### WORK TO BE COMPLETED
Across the data, every line with the word "Option" counts once; state the total alone.
RECORDS FOR PROCESSING below:
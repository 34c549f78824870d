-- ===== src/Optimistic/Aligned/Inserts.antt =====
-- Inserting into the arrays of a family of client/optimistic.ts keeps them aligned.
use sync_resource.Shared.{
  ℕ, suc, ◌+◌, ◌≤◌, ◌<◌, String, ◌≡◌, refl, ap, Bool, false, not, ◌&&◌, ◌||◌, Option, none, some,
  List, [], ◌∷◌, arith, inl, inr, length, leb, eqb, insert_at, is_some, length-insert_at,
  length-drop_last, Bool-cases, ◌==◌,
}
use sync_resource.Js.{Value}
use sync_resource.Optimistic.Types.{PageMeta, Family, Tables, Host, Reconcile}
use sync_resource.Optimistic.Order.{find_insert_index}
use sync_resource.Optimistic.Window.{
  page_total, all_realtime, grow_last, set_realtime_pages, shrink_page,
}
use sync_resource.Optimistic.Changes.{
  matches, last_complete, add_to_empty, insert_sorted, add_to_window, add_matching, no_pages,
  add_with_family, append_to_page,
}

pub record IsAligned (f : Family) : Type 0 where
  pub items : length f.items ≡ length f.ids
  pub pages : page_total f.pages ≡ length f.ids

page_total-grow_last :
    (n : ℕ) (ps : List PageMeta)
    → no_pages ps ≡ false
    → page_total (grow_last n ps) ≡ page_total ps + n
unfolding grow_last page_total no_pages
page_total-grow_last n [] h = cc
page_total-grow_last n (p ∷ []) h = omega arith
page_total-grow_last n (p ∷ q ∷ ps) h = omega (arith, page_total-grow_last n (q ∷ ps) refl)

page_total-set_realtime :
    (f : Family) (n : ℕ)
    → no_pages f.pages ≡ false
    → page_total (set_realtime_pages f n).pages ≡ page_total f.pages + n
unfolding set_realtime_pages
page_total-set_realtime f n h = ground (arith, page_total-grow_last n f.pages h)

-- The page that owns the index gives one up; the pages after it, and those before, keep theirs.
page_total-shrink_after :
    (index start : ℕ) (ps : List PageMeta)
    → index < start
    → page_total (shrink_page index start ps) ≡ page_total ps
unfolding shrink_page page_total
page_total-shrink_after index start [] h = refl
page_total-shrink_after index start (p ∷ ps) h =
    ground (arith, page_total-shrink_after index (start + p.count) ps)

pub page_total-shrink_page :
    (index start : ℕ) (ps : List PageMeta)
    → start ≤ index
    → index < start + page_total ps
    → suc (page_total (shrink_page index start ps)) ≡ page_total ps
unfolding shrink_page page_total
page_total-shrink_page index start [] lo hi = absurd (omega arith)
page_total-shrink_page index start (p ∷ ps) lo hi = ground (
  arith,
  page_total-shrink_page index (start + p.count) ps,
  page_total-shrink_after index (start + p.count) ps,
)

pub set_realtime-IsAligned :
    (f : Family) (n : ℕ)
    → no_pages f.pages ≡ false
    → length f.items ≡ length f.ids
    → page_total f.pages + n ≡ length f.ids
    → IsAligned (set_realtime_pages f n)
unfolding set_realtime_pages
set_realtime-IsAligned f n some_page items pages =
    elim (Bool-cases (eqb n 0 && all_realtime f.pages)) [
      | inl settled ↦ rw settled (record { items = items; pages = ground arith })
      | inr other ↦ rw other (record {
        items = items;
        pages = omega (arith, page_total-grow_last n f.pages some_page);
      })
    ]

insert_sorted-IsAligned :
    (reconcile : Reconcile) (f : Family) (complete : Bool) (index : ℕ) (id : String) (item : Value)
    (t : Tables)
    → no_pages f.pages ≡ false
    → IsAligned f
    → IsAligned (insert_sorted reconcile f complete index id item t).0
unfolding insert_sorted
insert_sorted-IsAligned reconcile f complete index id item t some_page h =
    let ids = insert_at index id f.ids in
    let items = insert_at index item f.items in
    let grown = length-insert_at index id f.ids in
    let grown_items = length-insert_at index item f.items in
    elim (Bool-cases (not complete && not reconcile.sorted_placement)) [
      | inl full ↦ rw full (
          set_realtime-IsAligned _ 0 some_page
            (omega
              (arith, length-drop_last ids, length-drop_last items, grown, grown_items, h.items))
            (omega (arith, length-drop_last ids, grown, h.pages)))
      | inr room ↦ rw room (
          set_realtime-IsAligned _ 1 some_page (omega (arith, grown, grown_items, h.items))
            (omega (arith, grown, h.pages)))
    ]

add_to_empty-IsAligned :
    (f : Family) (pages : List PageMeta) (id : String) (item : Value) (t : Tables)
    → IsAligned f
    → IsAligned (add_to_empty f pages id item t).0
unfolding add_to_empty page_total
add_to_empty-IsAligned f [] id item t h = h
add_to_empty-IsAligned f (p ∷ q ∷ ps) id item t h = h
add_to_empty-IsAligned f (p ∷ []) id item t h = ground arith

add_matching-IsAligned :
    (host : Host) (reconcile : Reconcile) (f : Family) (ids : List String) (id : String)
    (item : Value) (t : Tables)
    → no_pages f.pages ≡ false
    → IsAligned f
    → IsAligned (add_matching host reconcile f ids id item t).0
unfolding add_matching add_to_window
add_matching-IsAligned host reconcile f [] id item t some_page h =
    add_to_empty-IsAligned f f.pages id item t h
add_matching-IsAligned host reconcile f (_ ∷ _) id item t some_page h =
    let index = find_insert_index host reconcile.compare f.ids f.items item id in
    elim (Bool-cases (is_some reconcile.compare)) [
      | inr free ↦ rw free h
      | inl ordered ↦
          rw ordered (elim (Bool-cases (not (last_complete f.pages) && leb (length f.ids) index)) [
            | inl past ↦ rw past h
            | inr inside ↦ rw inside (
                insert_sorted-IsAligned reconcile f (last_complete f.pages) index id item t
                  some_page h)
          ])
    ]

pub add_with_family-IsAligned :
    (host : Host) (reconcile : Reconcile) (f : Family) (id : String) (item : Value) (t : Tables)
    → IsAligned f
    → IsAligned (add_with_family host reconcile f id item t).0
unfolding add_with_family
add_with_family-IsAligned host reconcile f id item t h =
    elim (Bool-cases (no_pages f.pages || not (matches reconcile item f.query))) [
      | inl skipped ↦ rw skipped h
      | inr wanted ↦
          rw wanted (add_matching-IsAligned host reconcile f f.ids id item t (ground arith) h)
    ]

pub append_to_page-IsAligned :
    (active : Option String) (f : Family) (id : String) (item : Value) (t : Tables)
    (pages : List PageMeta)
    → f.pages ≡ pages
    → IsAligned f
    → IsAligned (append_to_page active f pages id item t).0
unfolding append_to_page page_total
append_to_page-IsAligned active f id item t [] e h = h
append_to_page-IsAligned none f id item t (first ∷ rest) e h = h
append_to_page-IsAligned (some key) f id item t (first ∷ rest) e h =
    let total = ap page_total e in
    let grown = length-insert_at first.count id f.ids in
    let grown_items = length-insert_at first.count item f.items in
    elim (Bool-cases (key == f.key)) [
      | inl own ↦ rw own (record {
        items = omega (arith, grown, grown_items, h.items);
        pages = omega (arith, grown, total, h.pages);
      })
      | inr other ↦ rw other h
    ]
End of RECORDS FOR PROCESSING.
### ANSWER SECTION
2